Task prompt: In the records that follow, the lines from the one containing "filename src/Aio/System/Safety.antt" to the one containing "Inv base c t", inclusive, are to be given again exactly.

Data provided:
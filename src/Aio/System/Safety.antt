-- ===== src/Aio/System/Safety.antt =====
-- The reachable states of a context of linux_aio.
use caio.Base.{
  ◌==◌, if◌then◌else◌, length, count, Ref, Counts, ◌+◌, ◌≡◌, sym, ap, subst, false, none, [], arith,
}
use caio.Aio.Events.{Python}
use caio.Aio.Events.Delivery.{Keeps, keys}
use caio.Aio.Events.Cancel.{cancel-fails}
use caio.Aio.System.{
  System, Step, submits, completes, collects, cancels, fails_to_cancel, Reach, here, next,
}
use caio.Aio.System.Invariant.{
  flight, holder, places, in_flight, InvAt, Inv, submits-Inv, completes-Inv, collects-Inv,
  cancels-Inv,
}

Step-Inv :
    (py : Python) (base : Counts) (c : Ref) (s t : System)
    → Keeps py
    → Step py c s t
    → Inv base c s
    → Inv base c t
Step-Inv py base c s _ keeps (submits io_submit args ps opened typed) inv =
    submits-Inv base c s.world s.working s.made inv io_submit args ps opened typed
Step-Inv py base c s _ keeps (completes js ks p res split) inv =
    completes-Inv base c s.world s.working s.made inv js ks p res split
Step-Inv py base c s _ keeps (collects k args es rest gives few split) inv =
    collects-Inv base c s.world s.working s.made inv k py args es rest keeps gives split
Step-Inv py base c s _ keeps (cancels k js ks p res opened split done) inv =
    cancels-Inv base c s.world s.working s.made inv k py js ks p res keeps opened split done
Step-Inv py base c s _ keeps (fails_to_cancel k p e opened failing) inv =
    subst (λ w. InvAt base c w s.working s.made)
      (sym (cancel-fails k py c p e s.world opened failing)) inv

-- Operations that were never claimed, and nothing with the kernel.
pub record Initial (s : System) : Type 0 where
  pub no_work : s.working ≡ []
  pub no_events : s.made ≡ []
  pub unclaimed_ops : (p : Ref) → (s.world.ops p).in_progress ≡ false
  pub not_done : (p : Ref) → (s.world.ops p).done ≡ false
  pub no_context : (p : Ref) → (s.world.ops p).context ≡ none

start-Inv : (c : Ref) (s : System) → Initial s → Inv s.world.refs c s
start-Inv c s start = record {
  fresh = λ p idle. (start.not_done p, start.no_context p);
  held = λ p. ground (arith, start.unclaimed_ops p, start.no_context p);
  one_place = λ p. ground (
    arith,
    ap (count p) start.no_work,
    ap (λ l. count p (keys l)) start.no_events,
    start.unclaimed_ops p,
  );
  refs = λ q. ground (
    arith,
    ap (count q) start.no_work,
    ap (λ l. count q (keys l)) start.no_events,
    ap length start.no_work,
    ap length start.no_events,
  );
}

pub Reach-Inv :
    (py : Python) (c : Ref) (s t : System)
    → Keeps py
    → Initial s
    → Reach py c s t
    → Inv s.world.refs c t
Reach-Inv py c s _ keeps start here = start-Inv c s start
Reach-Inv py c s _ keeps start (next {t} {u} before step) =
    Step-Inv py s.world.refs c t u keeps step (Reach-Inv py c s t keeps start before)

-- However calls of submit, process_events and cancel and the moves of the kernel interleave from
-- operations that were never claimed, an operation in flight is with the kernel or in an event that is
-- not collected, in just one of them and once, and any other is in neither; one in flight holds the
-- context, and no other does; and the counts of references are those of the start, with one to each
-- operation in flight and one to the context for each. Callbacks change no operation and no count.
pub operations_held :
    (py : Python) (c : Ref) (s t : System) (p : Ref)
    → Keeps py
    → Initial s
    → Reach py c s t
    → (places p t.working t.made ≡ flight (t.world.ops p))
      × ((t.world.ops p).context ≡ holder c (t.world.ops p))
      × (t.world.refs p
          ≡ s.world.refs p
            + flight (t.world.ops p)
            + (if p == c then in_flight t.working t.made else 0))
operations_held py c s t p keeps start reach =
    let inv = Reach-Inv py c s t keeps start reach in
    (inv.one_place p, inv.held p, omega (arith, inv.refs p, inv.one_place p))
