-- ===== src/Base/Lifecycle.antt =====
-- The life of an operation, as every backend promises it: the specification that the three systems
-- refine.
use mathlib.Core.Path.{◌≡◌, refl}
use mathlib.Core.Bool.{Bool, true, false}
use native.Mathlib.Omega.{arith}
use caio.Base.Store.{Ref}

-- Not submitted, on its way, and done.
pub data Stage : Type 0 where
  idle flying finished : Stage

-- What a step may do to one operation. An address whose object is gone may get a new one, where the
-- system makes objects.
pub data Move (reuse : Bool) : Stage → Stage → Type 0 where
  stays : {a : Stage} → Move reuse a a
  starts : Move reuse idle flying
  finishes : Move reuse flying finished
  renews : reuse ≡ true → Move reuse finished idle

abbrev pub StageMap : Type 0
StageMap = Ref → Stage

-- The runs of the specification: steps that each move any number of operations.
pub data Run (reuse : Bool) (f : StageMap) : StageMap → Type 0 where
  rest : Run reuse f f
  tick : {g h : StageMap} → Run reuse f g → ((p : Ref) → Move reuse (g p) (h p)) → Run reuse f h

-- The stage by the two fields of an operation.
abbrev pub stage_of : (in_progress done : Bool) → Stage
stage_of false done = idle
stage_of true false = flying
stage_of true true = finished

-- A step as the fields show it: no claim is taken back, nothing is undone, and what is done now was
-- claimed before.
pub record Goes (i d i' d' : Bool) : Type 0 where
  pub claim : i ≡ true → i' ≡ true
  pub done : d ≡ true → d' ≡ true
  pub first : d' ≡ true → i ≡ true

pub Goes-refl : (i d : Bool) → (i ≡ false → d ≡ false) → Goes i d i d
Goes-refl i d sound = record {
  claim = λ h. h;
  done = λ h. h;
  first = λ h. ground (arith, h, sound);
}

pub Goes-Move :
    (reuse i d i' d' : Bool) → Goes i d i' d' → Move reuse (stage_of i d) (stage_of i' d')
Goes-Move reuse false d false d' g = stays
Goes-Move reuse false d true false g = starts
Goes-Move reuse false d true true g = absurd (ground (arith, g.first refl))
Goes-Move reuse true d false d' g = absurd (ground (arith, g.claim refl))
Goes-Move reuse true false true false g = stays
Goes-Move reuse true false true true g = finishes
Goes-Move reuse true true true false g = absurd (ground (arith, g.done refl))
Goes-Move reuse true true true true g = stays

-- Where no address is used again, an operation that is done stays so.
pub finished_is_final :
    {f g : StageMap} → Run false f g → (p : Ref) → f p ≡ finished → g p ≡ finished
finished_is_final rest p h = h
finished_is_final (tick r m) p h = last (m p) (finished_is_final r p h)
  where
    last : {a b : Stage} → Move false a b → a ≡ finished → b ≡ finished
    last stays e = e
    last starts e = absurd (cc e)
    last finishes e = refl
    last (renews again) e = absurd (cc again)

--

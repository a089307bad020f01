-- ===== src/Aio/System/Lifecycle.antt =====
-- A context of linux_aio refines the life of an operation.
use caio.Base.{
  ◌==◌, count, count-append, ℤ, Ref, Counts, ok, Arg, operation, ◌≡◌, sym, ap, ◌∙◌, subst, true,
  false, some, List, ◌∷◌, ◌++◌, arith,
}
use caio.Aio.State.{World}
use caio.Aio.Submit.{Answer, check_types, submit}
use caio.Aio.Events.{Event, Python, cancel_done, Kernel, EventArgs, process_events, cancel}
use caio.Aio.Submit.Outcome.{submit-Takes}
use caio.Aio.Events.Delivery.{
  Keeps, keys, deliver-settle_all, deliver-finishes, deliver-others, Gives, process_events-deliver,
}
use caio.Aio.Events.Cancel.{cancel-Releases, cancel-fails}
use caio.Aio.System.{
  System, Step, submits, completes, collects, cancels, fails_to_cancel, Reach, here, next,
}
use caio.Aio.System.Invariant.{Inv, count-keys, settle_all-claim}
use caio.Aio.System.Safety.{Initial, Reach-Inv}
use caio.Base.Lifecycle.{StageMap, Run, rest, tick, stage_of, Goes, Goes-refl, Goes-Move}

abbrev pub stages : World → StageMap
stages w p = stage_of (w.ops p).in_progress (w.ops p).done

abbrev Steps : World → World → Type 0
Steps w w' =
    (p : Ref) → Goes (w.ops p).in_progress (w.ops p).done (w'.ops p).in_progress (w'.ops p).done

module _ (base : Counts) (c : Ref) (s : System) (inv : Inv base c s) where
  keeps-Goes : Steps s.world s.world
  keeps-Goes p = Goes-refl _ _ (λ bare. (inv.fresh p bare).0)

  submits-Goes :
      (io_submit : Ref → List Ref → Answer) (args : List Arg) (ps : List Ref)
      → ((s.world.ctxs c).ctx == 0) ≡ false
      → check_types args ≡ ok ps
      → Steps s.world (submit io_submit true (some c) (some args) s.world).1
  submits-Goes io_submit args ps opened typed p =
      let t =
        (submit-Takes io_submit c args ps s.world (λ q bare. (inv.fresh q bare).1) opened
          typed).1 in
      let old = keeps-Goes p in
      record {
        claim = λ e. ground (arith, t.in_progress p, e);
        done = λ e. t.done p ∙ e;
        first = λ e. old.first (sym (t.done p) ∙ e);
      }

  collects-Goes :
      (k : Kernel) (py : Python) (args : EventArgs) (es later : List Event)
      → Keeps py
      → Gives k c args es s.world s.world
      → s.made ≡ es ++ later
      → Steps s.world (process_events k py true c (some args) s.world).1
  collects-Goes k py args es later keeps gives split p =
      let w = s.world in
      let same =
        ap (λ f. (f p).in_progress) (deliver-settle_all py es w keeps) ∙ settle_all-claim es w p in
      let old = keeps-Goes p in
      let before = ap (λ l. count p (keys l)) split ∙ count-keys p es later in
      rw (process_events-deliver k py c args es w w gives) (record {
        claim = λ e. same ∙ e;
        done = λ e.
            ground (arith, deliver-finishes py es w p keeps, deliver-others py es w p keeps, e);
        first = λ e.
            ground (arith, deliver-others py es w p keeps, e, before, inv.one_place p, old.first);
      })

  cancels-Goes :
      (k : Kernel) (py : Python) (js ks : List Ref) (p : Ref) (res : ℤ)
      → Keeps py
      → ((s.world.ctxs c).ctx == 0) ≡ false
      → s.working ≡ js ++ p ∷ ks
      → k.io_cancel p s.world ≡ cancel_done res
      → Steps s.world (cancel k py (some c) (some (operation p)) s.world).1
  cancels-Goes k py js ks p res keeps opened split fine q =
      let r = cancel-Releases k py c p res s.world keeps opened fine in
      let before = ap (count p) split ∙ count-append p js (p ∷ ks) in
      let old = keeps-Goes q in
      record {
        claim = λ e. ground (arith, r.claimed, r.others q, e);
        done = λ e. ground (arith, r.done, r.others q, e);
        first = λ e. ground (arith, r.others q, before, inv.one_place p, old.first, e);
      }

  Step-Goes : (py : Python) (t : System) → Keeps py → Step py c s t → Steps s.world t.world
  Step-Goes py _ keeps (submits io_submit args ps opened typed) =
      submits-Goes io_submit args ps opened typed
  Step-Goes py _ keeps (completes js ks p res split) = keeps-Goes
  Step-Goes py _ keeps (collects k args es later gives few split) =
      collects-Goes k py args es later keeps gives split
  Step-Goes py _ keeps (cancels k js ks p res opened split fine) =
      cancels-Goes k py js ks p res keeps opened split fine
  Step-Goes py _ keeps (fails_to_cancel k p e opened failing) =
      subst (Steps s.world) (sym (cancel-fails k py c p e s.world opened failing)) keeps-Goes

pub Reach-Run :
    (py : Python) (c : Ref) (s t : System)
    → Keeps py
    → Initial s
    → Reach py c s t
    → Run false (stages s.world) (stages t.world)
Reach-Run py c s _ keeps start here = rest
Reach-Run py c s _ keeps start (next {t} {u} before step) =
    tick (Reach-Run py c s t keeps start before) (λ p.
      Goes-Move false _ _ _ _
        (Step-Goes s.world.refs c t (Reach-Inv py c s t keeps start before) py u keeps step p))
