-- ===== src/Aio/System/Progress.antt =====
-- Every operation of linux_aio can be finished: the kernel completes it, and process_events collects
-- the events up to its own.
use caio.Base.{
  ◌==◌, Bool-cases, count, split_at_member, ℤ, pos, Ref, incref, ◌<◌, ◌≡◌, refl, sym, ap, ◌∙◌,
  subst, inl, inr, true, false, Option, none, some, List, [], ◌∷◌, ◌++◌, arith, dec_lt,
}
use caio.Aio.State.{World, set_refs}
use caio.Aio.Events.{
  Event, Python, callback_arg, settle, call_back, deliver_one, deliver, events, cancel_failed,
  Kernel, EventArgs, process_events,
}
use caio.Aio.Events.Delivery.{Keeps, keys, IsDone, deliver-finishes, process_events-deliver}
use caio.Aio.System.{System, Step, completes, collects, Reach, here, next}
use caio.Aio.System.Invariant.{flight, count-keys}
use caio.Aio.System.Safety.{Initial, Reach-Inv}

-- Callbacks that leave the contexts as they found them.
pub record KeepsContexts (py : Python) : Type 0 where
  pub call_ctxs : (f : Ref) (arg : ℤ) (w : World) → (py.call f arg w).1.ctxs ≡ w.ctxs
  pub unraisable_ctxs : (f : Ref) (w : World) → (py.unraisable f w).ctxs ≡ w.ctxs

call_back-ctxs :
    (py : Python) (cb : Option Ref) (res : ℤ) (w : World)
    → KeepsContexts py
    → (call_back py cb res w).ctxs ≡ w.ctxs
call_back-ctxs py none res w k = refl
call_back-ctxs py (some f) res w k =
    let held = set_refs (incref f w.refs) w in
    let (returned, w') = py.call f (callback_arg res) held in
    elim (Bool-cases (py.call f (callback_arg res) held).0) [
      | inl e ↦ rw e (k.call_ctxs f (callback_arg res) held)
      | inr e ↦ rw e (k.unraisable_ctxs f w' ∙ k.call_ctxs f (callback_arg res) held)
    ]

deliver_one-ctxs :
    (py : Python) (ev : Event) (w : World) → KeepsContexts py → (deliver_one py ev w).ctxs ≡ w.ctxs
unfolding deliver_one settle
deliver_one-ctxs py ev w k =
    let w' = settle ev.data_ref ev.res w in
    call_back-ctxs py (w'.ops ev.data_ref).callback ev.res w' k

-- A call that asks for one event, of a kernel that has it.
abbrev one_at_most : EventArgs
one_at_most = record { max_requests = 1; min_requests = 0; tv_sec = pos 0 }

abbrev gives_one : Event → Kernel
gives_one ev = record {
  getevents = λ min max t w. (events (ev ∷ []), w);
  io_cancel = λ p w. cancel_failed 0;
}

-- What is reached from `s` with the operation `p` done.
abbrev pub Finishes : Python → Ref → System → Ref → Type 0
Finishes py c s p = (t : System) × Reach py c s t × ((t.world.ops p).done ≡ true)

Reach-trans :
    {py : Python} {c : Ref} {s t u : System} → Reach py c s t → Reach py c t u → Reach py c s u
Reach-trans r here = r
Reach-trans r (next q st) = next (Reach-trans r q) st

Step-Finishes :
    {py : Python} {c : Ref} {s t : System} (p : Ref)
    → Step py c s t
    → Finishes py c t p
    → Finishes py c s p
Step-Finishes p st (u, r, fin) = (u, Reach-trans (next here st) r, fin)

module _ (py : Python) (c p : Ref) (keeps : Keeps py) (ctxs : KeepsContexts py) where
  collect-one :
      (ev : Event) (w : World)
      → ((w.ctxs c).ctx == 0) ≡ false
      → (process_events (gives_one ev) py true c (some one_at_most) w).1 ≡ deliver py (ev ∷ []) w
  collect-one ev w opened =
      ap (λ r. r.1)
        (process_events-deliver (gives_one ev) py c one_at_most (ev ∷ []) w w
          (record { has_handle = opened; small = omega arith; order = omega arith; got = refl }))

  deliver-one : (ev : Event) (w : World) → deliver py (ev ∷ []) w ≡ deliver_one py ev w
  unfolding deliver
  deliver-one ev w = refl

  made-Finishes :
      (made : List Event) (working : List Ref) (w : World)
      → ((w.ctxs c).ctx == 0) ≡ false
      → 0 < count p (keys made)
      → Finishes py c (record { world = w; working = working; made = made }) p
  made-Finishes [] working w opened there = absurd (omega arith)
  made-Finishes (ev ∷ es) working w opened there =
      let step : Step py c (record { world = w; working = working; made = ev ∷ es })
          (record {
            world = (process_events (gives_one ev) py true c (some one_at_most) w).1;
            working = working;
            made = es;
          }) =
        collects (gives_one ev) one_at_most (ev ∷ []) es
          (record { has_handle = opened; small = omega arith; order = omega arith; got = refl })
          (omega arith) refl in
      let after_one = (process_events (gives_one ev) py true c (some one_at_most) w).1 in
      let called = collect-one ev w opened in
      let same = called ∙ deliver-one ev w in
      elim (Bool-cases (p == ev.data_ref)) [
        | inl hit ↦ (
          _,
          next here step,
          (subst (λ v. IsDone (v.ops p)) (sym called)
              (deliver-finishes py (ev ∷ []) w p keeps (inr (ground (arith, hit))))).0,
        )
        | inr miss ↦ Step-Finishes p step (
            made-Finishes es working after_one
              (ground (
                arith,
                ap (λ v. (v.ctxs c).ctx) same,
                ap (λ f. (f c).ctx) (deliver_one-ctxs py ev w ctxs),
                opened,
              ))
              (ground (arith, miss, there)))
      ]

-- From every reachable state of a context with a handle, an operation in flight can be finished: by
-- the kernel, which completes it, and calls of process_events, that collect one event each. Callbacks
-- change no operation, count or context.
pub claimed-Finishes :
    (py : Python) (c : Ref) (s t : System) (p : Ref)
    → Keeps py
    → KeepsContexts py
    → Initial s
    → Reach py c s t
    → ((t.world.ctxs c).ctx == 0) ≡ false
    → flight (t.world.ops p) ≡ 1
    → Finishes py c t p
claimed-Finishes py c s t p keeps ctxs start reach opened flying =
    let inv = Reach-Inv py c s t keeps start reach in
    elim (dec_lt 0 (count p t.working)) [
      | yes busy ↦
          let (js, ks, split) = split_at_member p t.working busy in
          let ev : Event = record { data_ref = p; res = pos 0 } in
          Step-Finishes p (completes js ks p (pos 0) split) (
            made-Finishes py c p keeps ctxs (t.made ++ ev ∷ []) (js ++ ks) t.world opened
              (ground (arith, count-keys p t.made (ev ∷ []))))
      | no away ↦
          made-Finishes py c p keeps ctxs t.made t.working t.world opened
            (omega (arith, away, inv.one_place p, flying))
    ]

Solution to the exercise:
filename src/Aio/System/Safety.antt
-- ===== src/Aio/System/Safety.antt =====
-- The reachable states of a context of linux_aio.
use caio.Base.{
  ◌==◌, if◌then◌else◌, length, count, Ref, Counts, ◌+◌, ◌≡◌, sym, ap, subst, false, none, [], arith,
}
use caio.Aio.Events.{Python}
use caio.Aio.Events.Delivery.{Keeps, keys}
use caio.Aio.Events.Cancel.{cancel-fails}
use caio.Aio.System.{
  System, Step, submits, completes, collects, cancels, fails_to_cancel, Reach, here, next,
}
use caio.Aio.System.Invariant.{
  flight, holder, places, in_flight, InvAt, Inv, submits-Inv, completes-Inv, collects-Inv,
  cancels-Inv,
}

Step-Inv :
    (py : Python) (base : Counts) (c : Ref) (s t : System)
    → Keeps py
    → Step py c s t
    → Inv base c s
    → Inv base c t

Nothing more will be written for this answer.